Silver linings in the pandemic
Protein ZAP inhibits multiplication of SARS-CoV-2 by 20-fold / Study published in "Nature Communications"
Würzburg / Braunschweig, Germany, December 10, 2021 – Scientists at the Würzburg Helmholtz Institute for RNA-based Infection Research (HIRI) and the Helmholtz Centre for Infection Research (HZI) in Braunschweig demonstrate for the first time how ZAP, a protein of the human immune defense system, inhibits the replication mechanism of the SARS-CoV-2 coronavirus and can reduce the viral load by 20-fold. The findings were published today in the journal Nature Communications. They may help develop antiviral agents in the fight against the pandemic.
SARS-CoV-2 and other viruses whose genetic material consists of ribonucleic acids (RNA) use a propagation trick called programmed ribosomal reading frameshift. In doing so, these viruses prove to be masters of manipulation: they invade host cells and hijack the process the cells use to read the genetic information from a messenger RNA and produce proteins. The viruses alter the reading frame: this allows them to produce their own proteins in order to multiply.
In the search for ways to stop this propagation trick in the SARS-CoV-2 coronavirus, researchers at HIRI have now identified a restriction factor called ZAP. ZAP (Zinc Finger Antiviral Protein) is already known as an immunomodulatory and antiviral protein. "ZAP is a multifunctional molecule in the immune response that can calm an exuberant immune response and shut down viral activity," explains Neva Caliskan, research group leader at HIRI and principal investigator of the study.
Sharp drop in viral load
Until now, it had not been explored whether and how proteins such as ZAP interfere with the ribosomal frameshift of SARS-CoV-2. "The frameshift event has evolved as a hallmark of viral replication. This makes it a very attractive drug target," said Matthias Zimmer, one of the two first authors of the study. "Interestingly, we were able to demonstrate that ZAP binds to the viral RNA that triggers the frameshift," adds the HIRI PhD student from Caliskan's research group.
"ZAP interferes with the structural folding of coronavirus RNA and disrupts the signal that SARS-CoV-2 sends to induce host cells to produce its replication enzymes," says HIRI PhD student Anuja Kibe, second first author of the study, describing the protein's antiviral effect. And what's more: in collaboration with researchers at the HZI, the team was able to demonstrate that host cells with elevated levels of ZAP show an approximately 20-fold reduction in the amount of virus they produce. The presence – or absence – of the protein could thus also be an indicator of whether a corona infection takes a mild or severe course.
More research is needed to fully understand the molecular mechanisms behind this. However, the study results are already extremely promising: "Our findings give us hope that ZAP could be used as a template to develop potential new antiviral agents," says Caliskan.
About ZAP in the current study
Zinc Finger Antiviral Protein (ZAP for short) is a multifunctional immune defense protein that inhibits the replication of certain viruses.

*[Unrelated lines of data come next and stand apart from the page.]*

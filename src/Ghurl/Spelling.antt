-- ===== src/Ghurl/Spelling.antt =====
-- internal/ghurl/ghurl.go: the spellings of a plain URL that `RepairScheme` mends.
pub mod Mend
pub mod Parsed
use gh_proxy.Base.{
  drop, ap, ◌||◌, ◌>>=◌, Bool, true, false, Option, none, some, [], ◌∷◌, ◌++◌, ◌≡◌, refl, ◌∙◌, map,
  any, all, if◌then◌else◌, Bytes, codes, same, same_refl, is_empty,
}
use gh_proxy.GoLib.Strings.{Unicode, cut_prefix, is_ascii, to_lower, lower_byte, has_prefix}
use gh_proxy.GoLib.Strings.Cut.{cut-Lacks}
use gh_proxy.GoLib.Url
use gh_proxy.GoLib.Url.{Url, is_ctl, empty_url, hostname}
use gh_proxy.GoLib.Url.Plain.{
  all-append, is_plain, is_visible, all-visible, visible_lem, trim_space-visible, escape-plain,
  unescape-plain,
}
use gh_proxy.Ghurl.Repair.{repair_scheme, decode_scheme, add_scheme}
use gh_proxy.Ghurl.Parse.{prepare, normalize}

-- The hosts that serve GitHub's files
pub data Host : Type 0 where
  github www raw_content raw_old gist_page gist_content : Host

abbrev pub host_text : Host → Bytes
host_text github = codes "github.com"
host_text www = codes "www.github.com"
host_text raw_content = codes "raw.githubusercontent.com"
host_text raw_old = codes "raw.github.com"
host_text gist_page = codes "gist.github.com"
host_text gist_content = codes "gist.githubusercontent.com"

-- The spellings of a URL: whole, over http, with a slash that a server has merged, without slashes,
-- and without a scheme
pub data Spelling : Type 0 where
  whole insecure merged_slash no_slash bare : Spelling

abbrev pub spell : Spelling → Bytes → Bytes
spell whole s = codes "https://" ++ s
spell insecure s = codes "http://" ++ s
spell merged_slash s = codes "https:/" ++ s
spell no_slash s = codes "https:" ++ s
spell bare s = s

abbrev pub scheme_of : Spelling → Bytes
scheme_of insecure = codes "http"
scheme_of other = codes "https"

pub host-visible : (h : Host) → all is_visible (host_text h) ≡ true
host-visible github = refl
host-visible www = refl
host-visible raw_content = refl
host-visible raw_old = refl
host-visible gist_page = refl
host-visible gist_content = refl

pub spell-visible :
    (sp : Spelling) (s : Bytes) → all is_visible s ≡ true → all is_visible (spell sp s) ≡ true
spell-visible whole s h = all-append is_visible (codes "https://") s refl h
spell-visible insecure s h = all-append is_visible (codes "http://") s refl h
spell-visible merged_slash s h = all-append is_visible (codes "https:/") s refl h
spell-visible no_slash s h = all-append is_visible (codes "https:") s refl h
spell-visible bare s h = h

-- The parsed URL
abbrev pub plain_url : Bytes → Bytes → Bytes → Url
plain_url scheme host path = record empty_url { scheme = scheme; host = host; path = path }

-- A path: a slash and more
abbrev pub rooted : Bytes → Bytes
rooted s = b'/' ∷ s

-- The whole URL that a spelling stands for
abbrev pub mended : Spelling → Host → Bytes → Bytes
mended sp h s = scheme_of sp ++ (codes "://" ++ (host_text h ++ rooted s))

It exists in a short (ZAP-S) and a long form (ZAP-L). The effects described in the current study refer to ZAP-S.
About the HIRI
The Helmholtz Institute for RNA-based Infection Research (HIRI) is the first institution worldwide to combine ribonucleic acid (RNA) research with infection biology. Based on novel findings from its strong basic research program, the institute's long-term goal is to develop innovative therapeutic approaches to better diagnose and treat human infections.
HIRI is a location of the Helmholtz Centre for Infection Research (HZI) in Braunschweig in cooperation with the Julius-Maximilians-Universität Würzburg (JMU) and is located on the Würzburg Medical Campus.
Zimmer M, Kibe A, Rand U, Pekarek L, Ye L, Buck S, Smyth R, Cicin-Sain L, Caliskan N. The short isoform of the host antiviral protein ZAP acts as an inhibitor of SARS-CoV-2 programmed ribosomal frameshifting. Nature Communications, Dec. 10, 2021 DOI: 10.1038/s41467-021-27431-0.
The study was supported by funding from the Helmholtz Association, the Lower Saxony Ministry of Science and Culture, and the European Research Council.